Ok i promised i would find out some information for you guys and so i went to the safari club hunting show friday afternoon.....talked to Mark he said he didnt have many 2004 bows because of the demand for them but he is geting me information on them and i will post about them as soon as i get it....he is only building a twin cam bow for 2004 i got to look at some of his prototypes for this year they look real nice.......I did however think the $600 price tag was a little stiff ....i will post more info as soon as i get it .....take care


----------



## Trushot_Archer

Hey Guide, did you notice the limb cups? Any changes in that dept.? 

IMO the dual cam bows are already on the comeback and we haven't hit enar the peak yet... he may be ahead of the game a little with only doing the duallys. Hopefully he can keep up with the demand.


----------



## Elk Guide

Trushot_archer........he said something about the cups being deeper does that make sense.....also that his new bows were a true center shot .......they look really nice and sound good but until i get the liteture i am not sure exactly what he was talking about......$600 plus sounds a little steap but i havent shot one yet either but i will,,,,also he only has two people working for him so how many they can build and how fast i just dont know that either.......i have know him and his brother along time but not sure where he got his knowledge of bows....when he lets me know i will go shoot one and report back but i dont know how long that will be from now....have a great day


----------



## deputy

kelly, I need reservations for two tomorrow night ! maybe 8pm ill call you later


----------



## Trushot_Archer

???? If you stop in tonight bring your bow...it's league night and you can come along. Goofy Alpine and all 

EG...he's had a patant on a centline idler wheel for a while...great for the single, but if he's rolling with the dually's like that now that will be interesting. 

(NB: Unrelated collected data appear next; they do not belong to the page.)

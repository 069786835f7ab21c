-- ===== src/Auth/Outside.antt =====
-- What authentication is given: Redis, argon2, SHA-256, the random generators of Node, and the
-- configuration of apps/api/src/infra/config/env.ts. With apps/api/src/infra/redis/redis.service.ts.
use handly_web_app.Prelude.{ℕ, zero, suc, Bool, Option, none, some, List}
use handly_web_app.Store.{OtpPurpose}

-- `otp:cooldown:<purpose>:<phone>`, `otp:daily:<phone>` and `login:fail:<phone>`.
pub data Key : Type 0 where
  cooldown : OtpPurpose → ℕ → Key
  daily login_fail : ℕ → Key

-- The commands of the client. `none` stands for an exception, as when Redis cannot be reached, and
-- the answer of `ttl` is 0 where the key has no time left, and that of `get` 0 where there is no key.
pub record Redis : Type 1 where
  pub State : Type 0
  pub get : Key → State → Option ℕ
  pub incr : Key → State → Option ℕ × State
  pub expire : Key → ℕ → State → Option (Unit {0}) × State
  pub set_nx : Key → ℕ → State → Option Bool × State
  pub ttl : Key → State → Option ℕ
  pub del : Key → State → State

-- A random value is what the generator returns when the next generated id is n.
pub record Outside : Type 1 where
  pub redis : Redis
  pub argon_hash : ℕ → ℕ → ℕ
  pub argon_verify : ℕ → ℕ → Bool
  pub token_hash : ℕ → ℕ
  pub random_code : ℕ → ℕ
  pub random_token : ℕ → ℕ
  pub random_bytes : ℕ → ℕ → List ℕ
  pub otp_ttl_seconds : ℕ
  pub otp_resend_cooldown_seconds : ℕ
  pub otp_max_attempts : ℕ
  pub otp_daily_cap_per_phone : ℕ
  pub login_max_attempts : ℕ
  pub login_lockout_seconds : ℕ
  pub refresh_ttl_days : ℕ

module _ (r : Redis) where
  abbrev pub set_ttl : ℕ → Option (Unit {0}) × r.State → Option ℕ × r.State
  set_ttl n (none, s) = (none, s)
  set_ttl n (some _, s) = (some n, s)

  abbrev pub count_with_ttl : Key → ℕ → Option ℕ × r.State → Option ℕ × r.State
  count_with_ttl key seconds (none, s) = (none, s)
  count_with_ttl key seconds (some (suc zero), s) = set_ttl 1 (r.expire key seconds s)
  count_with_ttl key seconds (some n, s) = (some n, s)

  -- `incrWithTtl`: the new count.
  unfoldable pub incr_with_ttl : Key → ℕ → r.State → Option ℕ × r.State
  incr_with_ttl key seconds s = count_with_ttl key seconds (r.incr key s)
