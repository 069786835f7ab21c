-- ===== src/Auth/Users.antt =====
-- The statements on users of apps/api/src/modules/auth/auth.service.ts.
use handly_web_app.Prelude.{
  ℕ, zero, suc, ◌+◌, ◌/◌, ◌%◌, Bool, true, false, not, ◌&&◌, ◌==◌, nat_eq, ltb, if◌then◌else◌,
  Option, none, some, List, [], ◌∷◌, ◌++◌, lookup, update, insert, find_first, drop, is_some,
}
use handly_web_app.Contracts.{VerificationStatus, unverified}
use handly_web_app.Store.{
  Role, role_eq, UserStatus, user_status_eq, Locale, User, CustomerProfile, MasterProfile, Db,
  forbidden, unique_violation, M, ◌>>=◌, ◌>>◌, gets, modify, guard, fresh_id,
}
use handly_web_app.Referrals.{record_signup}
use handly_web_app.Auth.Outside.{Outside}

pub record Registration : Type 0 where
  pub phone : ℕ
  pub password : ℕ
  pub role : Role
  pub locale : Locale
  pub referred_by_code : Option (List ℕ)

-- What an access token says.
pub record AuthUser : Type 0 where
  pub id : ℕ
  pub role : Role
  pub status : UserStatus
  pub verification_status : Option VerificationStatus

abbrev pub has_phone : ℕ → ℕ → User → Bool
has_phone phone _ u = u.phone == phone

unfoldable pub same_code : List ℕ → List ℕ → Bool
same_code [] [] = true
same_code (x ∷ xs) (y ∷ ys) = x == y && same_code xs ys
same_code _ _ = false

abbrev pub has_code : List ℕ → ℕ → User → Bool
has_code code _ u = same_code u.referral_code code

unfoldable pub is_blocked : UserStatus → Bool
is_blocked UserStatus.banned = true
is_blocked UserStatus.suspended = true
is_blocked _ = false

unfoldable pub assert_not_blocked : UserStatus → M (Unit {0})
assert_not_blocked status = guard (not (is_blocked status)) forbidden

abbrev pub verification_of : Option MasterProfile → Option VerificationStatus
verification_of none = none
verification_of (some m) = some m.verification_status

unfoldable pub claims : ℕ → User → Db → AuthUser
claims id u db = record {
  id = id;
  role = u.role;
  status = u.status;
  verification_status = verification_of (lookup id db.masters);
}

-- The columns' defaults.
abbrev pub empty_master : MasterProfile
empty_master = record {
  verification_status = unverified;
  trust_tier = 0;
  rating_hundredths = 0;
  jobs_done = 0;
  is_online = false;
  online_since = none;
  full_name = none;
  avatar_url = none;
  experience_years = 0;
  bio = none;
  is_self_employed = false;
  pinfl_encrypted = none;
  skills = [];
  areas = [];
  busy_days = [];
}

abbrev pub empty_customer : CustomerProfile
empty_customer = record { full_name = none; avatar_url = none }

abbrev pub add_master : ℕ → Option MasterProfile → Db → Db
add_master user (some m) db = db
add_master user none db = record db { masters = insert user empty_master db.masters }

abbrev pub add_customer : ℕ → Option CustomerProfile → Db → Db
add_customer user (some c) db = db
add_customer user none db = record db { customers = insert user empty_customer db.customers }

-- `upsert` with an empty update.
unfoldable pub ensure_profile : ℕ → Role → M (Unit {0})
ensure_profile user Role.master db = modify (add_master user (lookup user db.masters)) db
ensure_profile user _ db = modify (add_customer user (lookup user db.customers)) db

-- The letters and digits of referral codes: A-Z without I and O, 2-9.
abbrev pub alphabet : List ℕ
alphabet =
    65 ∷ 66 ∷ 67 ∷ 68 ∷ 69 ∷ 70 ∷ 71 ∷ 72 ∷ 74 ∷ 75 ∷ 76 ∷ 77 ∷ 78 ∷ 80 ∷ 81 ∷ 82 ∷ 83 ∷ 84 ∷ 85
    ∷ 86 ∷ 87 ∷ 88 ∷ 89 ∷ 90 ∷ 50 ∷ 51 ∷ 52 ∷ 53 ∷ 54 ∷ 55 ∷ 56 ∷ 57 ∷ []

-- The character that a byte adds to a code.
abbrev first_of : List ℕ → List ℕ
first_of [] = []
first_of (c ∷ cs) = c ∷ []

unfoldable pub letters : List ℕ → List ℕ
letters [] = []
letters (byte ∷ bytes) = first_of (drop (byte % 32) alphabet) ++ letters bytes

abbrev base36_digit : ℕ → ℕ
base36_digit d = if ltb d 10 then 48 + d else 55 + d

-- `toString(36).toUpperCase()` of a number below 36 ^ fuel.
unfoldable pub base36 : ℕ → ℕ → List ℕ
base36 zero n = []
base36 (suc fuel) n =
    let rest = base36 fuel (n / 36) in (if ltb n 36 then [] else rest) ++ base36_digit (n % 36) ∷ []

module _ (o : Outside) where
  -- The attempts that are left; `H` and the time once all have met a code in use.
  unfoldable pub try_codes : ℕ → ℕ → Db → List ℕ
  try_codes zero attempt db = 72 ∷ base36 12 db.now
  try_codes (suc left) attempt db =
      let code = letters (o.random_bytes db.next_id attempt) in
      let next = try_codes left (suc attempt) db in
      if is_some (find_first (has_code code) db.users) then next else code

  unfoldable pub unique_referral_code : Db → List ℕ
  unique_referral_code = try_codes 5 0

  abbrev pub referrer_of : Option (List ℕ) → Db → Option ℕ
  referrer_of none db = none
  referrer_of (some []) db = none
  referrer_of (some code) db = found (find_first (has_code code) db.users)
    where
      found : Option (ℕ × User) → Option ℕ
      found none = none
      found (some r) = some r.0

  abbrev pub new_user : Registration → ℕ → List ℕ → User
  new_user dto n code = record {
    phone = dto.phone;
    password_hash = o.argon_hash n dto.password;
    role = dto.role;
    status = UserStatus.pending;
    referral_code = code;
    locale = dto.locale;
  }

  -- The unverified account that is registered again, or a new one.
  unfoldable pub save_account : Option (ℕ × User) → Registration → M (Unit {0})
  save_account (some (id, _)) dto = do
    n ← gets (λ db. db.next_id)
    let password_hash = o.argon_hash n dto.password
    modify (λ db. record db {
      users =
          update id
            (λ u. record u { password_hash = password_hash; role = dto.role; locale = dto.locale })
            db.users;
    })
    ensure_profile id dto.role
  save_account none dto = do
    n ← gets (λ db. db.next_id)
    code ← gets (unique_referral_code)
    clash ← gets (λ db. find_first (has_code code) db.users)
    guard (not (is_some clash)) unique_violation
    id ← fresh_id
    modify (λ db. record db { users = insert id (new_user dto n code) db.users })
    ensure_profile id dto.role
    referrer ← gets (referrer_of dto.referred_by_code)
    record_signup id referrer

The limb cups are supposed to be very low tolerance and have no play other than the actual pivot. Provides a more accurate bow longer. 

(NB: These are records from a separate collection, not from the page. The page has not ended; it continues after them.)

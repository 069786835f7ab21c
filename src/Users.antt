-- ===== src/Users.antt =====
-- apps/api/src/modules/users/users.service.ts: profiles, the files of masters, and addresses.
pub mod Skills
pub mod Addresses
use handly_web_app.Prelude.{
  ℕ, ◌*◌, String, Bool, true, false, not, ◌&&◌, ◌==◌, nat_eq, leb, if◌then◌else◌, Option, none,
  some, List, [], ◌∷◌, Table, length, includes, keep_if, lookup, insert, update, update_many, count,
  delete, is_some, or_else,
}
use handly_web_app.Store.{
  CustomerProfile, Address, Category, ServiceArea, MasterProfile, MasterMedia, MasterMediaKind,
  Mime, jpeg, png, webp, heic, Db, Error, not_found, forbidden, bad_request, unsupported_media_type,
  M, ◌>>=◌, ◌>>◌, gets, modify, pure, guard, require, transaction, fresh_id, after,
}
use handly_web_app.Orders.Media.{File, matches_magic_bytes}
use handly_web_app.Auth.Users.{empty_master, empty_customer}

pub record CustomerProfileUpdate : Type 0 where
  pub full_name : String
  pub avatar_url : Option String

pub record MasterProfileUpdate : Type 0 where
  pub full_name : String
  pub avatar_url : Option String
  pub experience_years : ℕ
  pub bio : Option String
  pub skills : List ℕ
  pub service_areas : List ServiceArea
  pub pinfl : Option ℕ
  pub is_self_employed : Bool

pub record AddressCreate : Type 0 where
  pub label : String
  pub address_text : String
  pub latitude : ℕ
  pub longitude : ℕ
  pub is_default : Bool

-- A column that an update leaves out keeps its value.
abbrev pub given : {A : Type 0} → Option A → Option A → Option A
given none old = old
given (some a) old = some a

abbrev pub upsert : {V : Type 0} → ℕ → V → (V → V) → Option V → Table V → Table V
upsert k empty f none t = insert k (f empty) t
upsert k empty f (some _) t = update k f t

unfoldable pub update_customer_profile : ℕ → CustomerProfileUpdate → M (Unit {0})
update_customer_profile user dto = do
  old ← gets (λ db. lookup user db.customers)
  let write : CustomerProfile → CustomerProfile =
      λ c. record { full_name = some dto.full_name; avatar_url = given dto.avatar_url c.avatar_url }
  modify (λ db. record db { customers = upsert user empty_customer write old db.customers })

unfoldable pub get_master_profile : ℕ → M MasterProfile
get_master_profile user = do found ← gets (λ db. lookup user db.masters); require found not_found

abbrev pub since : Bool → ℕ → Option ℕ
since true now = some now
since false now = none

unfoldable pub set_master_availability : ℕ → Bool → M (Unit {0})
set_master_availability user is_online = do
  found ← gets (λ db. lookup user db.masters)
  _ ← require found not_found
  now ← gets (λ db. db.now)
  modify (λ db. record db {
    masters =
        update user (λ m. record m { is_online = is_online; online_since = since is_online now })
          db.masters;
  })

-- `new Set(skills)`.
unfoldable pub without_repeats : List ℕ → List ℕ
without_repeats [] = []
without_repeats (x ∷ xs) = x ∷ keep_if (λ y. not (y == x)) (without_repeats xs)

abbrev pub is_wanted : List ℕ → ℕ → Category → Bool
is_wanted skills k c = includes skills k && c.active

-- `encrypt` is AES-256-GCM with a random nonce, the first argument.
unfoldable pub written_profile :
    (ℕ → ℕ → ℕ) → MasterProfileUpdate → ℕ → MasterProfile → MasterProfile
written_profile encrypt dto nonce m = record m {
  full_name = some dto.full_name;
  avatar_url = given dto.avatar_url m.avatar_url;
  experience_years = dto.experience_years;
  bio = given dto.bio m.bio;
  is_self_employed = dto.is_self_employed;
  pinfl_encrypted = encrypted dto.pinfl;
  skills = without_repeats dto.skills;
  areas = dto.service_areas;
}
  where
    encrypted : Option ℕ → Option ℕ
    encrypted none = m.pinfl_encrypted
    encrypted (some pinfl) = some (encrypt nonce pinfl)

unfoldable pub update_master_profile : (ℕ → ℕ → ℕ) → ℕ → MasterProfileUpdate → M MasterProfile
update_master_profile encrypt user dto = do
  found ← gets (λ db. count (is_wanted dto.skills) db.categories)
  guard (found == length (without_repeats dto.skills)) bad_request
  nonce ← fresh_id
  old ← gets (λ db. lookup user db.masters)
  modify (λ db. record db {
    masters = upsert user empty_master (written_profile encrypt dto nonce) old db.masters;
  })
  get_master_profile user

-- `MASTER_MEDIA_MIMES`.
unfoldable pub is_master_mime : Mime → Bool
is_master_mime jpeg = true
is_master_mime png = true
is_master_mime webp = true
is_master_mime heic = true
is_master_mime _ = false

abbrev pub master_media_max_bytes : ℕ
master_media_max_bytes = 10 * 1024 * 1024

unfoldable pub add_master_media : ℕ → MasterMediaKind → File → Option String → M ℕ
add_master_media user kind file caption = do
  guard (is_master_mime file.mime) unsupported_media_type
  guard (leb (length file.buffer) master_media_max_bytes) bad_request
  guard (matches_magic_bytes file.buffer file.mime) unsupported_media_type
  object_key ← fresh_id
  id ← fresh_id
  let row : MasterMedia = record {
    master_id = user;
    kind = kind;
    object_key = object_key;
    mime = file.mime;
    caption = caption;
    admin_approved = false;
  }
  modify (λ db. record db { master_media = insert id row db.master_media })
  pure id

unfoldable pub delete_master_media : ℕ → ℕ → M (Unit {0})
delete_master_media user id = do
  found ← gets (λ db. lookup id db.master_media)
  media ← require found not_found
  guard (media.master_id == user) forbidden
  modify (λ db. record db { master_media = delete id db.master_media })

abbrev pub on_addresses : (Table Address → Table Address) → Db → Db
on_addresses f db = record db { addresses = f db.addresses }

abbrev pub is_of : ℕ → ℕ → Address → Bool
is_of user _ a = a.user_id == user

abbrev pub as_default : Bool → Address → Address
as_default default a = record a { is_default = default }

unfoldable pub unset_default : ℕ → M (Unit {0})
unset_default user = modify (on_addresses (update_many (is_of user) (as_default false)))

unfoldable pub create_address : ℕ → AddressCreate → M ℕ
create_address user dto = transaction (do
  (λ db. if dto.is_default then unset_default user db else pure tt db)
  id ← fresh_id
  let row : Address = record {
    user_id = user;
    label = dto.label;
    address_text = dto.address_text;
    latitude = dto.latitude;
    longitude = dto.longitude;
    is_default = dto.is_default;
  }
  modify (on_addresses (insert id row))
  pure id)

abbrev pub belongs_to : ℕ → Option Address → Bool
belongs_to user none = false
belongs_to user (some a) = a.user_id == user

unfoldable pub set_default_address : ℕ → ℕ → M (Unit {0})
set_default_address user id = do
  address ← gets (λ db. lookup id db.addresses)
  guard (belongs_to user address) not_found
  transaction (do unset_default user; modify (on_addresses (update id (as_default true))))

unfoldable pub delete_address : ℕ → ℕ → M (Unit {0})
delete_address user id = do
  address ← gets (λ db. lookup id db.addresses)
  guard (belongs_to user address) not_found
  modify (on_addresses (delete id))

pub data AddressRequest : Type 0 where
  add_address : ℕ → AddressCreate → AddressRequest
  prefer_address remove_address : ℕ → ℕ → AddressRequest

unfoldable pub handle_address : AddressRequest → Db → Db
handle_address (add_address user dto) db = after (create_address user dto db)
handle_address (prefer_address user id) db = after (set_default_address user id db)
handle_address (remove_address user id) db = after (delete_address user id db)

unfoldable pub run_addresses : Db → List AddressRequest → Db
run_addresses db [] = db
run_addresses db (r ∷ rs) = run_addresses (handle_address r db) rs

The only issue I ever had with them was the recoil and noise. Damn they were loud and really vibrated compared to most I've shot, but they were all bare (and I mean BARE) bows where many come stock with saver and leeches etc.

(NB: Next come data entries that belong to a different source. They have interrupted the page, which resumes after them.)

-- ===== src/Paging.antt =====
-- The lists that the API serves in pages, newest first: `list` of notifications.service.ts and
-- audit.service.ts, and of the administrators' services, under apps/api/src/modules. The database is
-- asked for one row more than a page has.
pub mod Gaps
use handly_web_app.Prelude.{
  ℕ, suc, ◌+◌, Bool, true, false, Option, none, some, List, [], ◌∷◌, ◌++◌, Table, find_many, take,
  drop, nat_beq, if◌then◌else◌,
}

pub record Page (V : Type 0) : Type 0 where
  pub items : Table V
  pub next_cursor : Option ℕ

module _ {V : Type 0} where
  -- `orderBy: { createdAt: 'desc' }`.
  unfoldable pub newest_first : Table V → Table V
  newest_first [] = []
  newest_first (r ∷ t) = newest_first t ++ r ∷ []

  unfoldable pub after_row : ℕ → Table V → Table V
  after_row k [] = []
  after_row k ((j, v) ∷ t) = if nat_beq j k then t else after_row k t

  -- `cursor: { id: cursor }, skip: 1`: the rows after the cursor's.
  abbrev pub after_cursor : Option ℕ → Table V → Table V
  after_cursor none t = t
  after_cursor (some k) t = after_row k t

  abbrev pub cursor_of : Table V → Option ℕ
  cursor_of [] = none
  cursor_of ((k, v) ∷ t) = some k

  unfoldable pub page : ℕ → Table V → Option ℕ → Page V
  page size rows cursor =
      let found = take (suc size) (after_cursor cursor rows) in
      record { items = take size found; next_cursor = cursor_of (drop size found) }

I'd still like to see the new stuff.


----------



## Elk Guide

trushot_archer........I still dont have the info he is rather slow ....he did say somthing about the bows being quiet not sure if they are or not i need to get over there to shoot one....i am about 16 miles from him so i will see if i can catch him there....i have stopped several times at his shop and no one has been there....i guess he does all the sales rep stuff his self.....i have been trying to convince him to hire me as his sales rep and he can have more time to work on his bows but no luck....as soon as i get the info i will post again .....i'm sorry its taking so long....


----------



## deputy

if you shoot that wheeler anything like you cook forget it dinner was good the other night and of course your staff was top notch, man do i love that wine list! iam going broke! lol maybe next week! menu idea for yah! tatter tots and sloppy joes


----------



## Trushot_Archer

Hey Steve,
Fortunately for Michigan's deer herd...I'm a better cook than hunter 

No time pressure Elk Guide...just curious mostly. I'd like to see the guy succeed with his venture there, but I can imagine how tough it must be trying to do everything himself.


----------



## twodogsphil

FYI. Anyone on this thread who's expressed an interest in Wheeler bows, Marks got a vendor booth at the Lansing Deer Spectacular. Visit his booth, talk with him, shoot his bows. The show runs through Sunday the 28th.


----------



## thornapple

He is also giving some very good deals at the show. I shot one on friday and although its regularly priced at 600 he said its going for 400 at the show. The only problem was the hand shock seemed really bad. Although they looked like a very well built bow it wasnt for me. Soon Gander Mountain will be carrying some of his models.


----------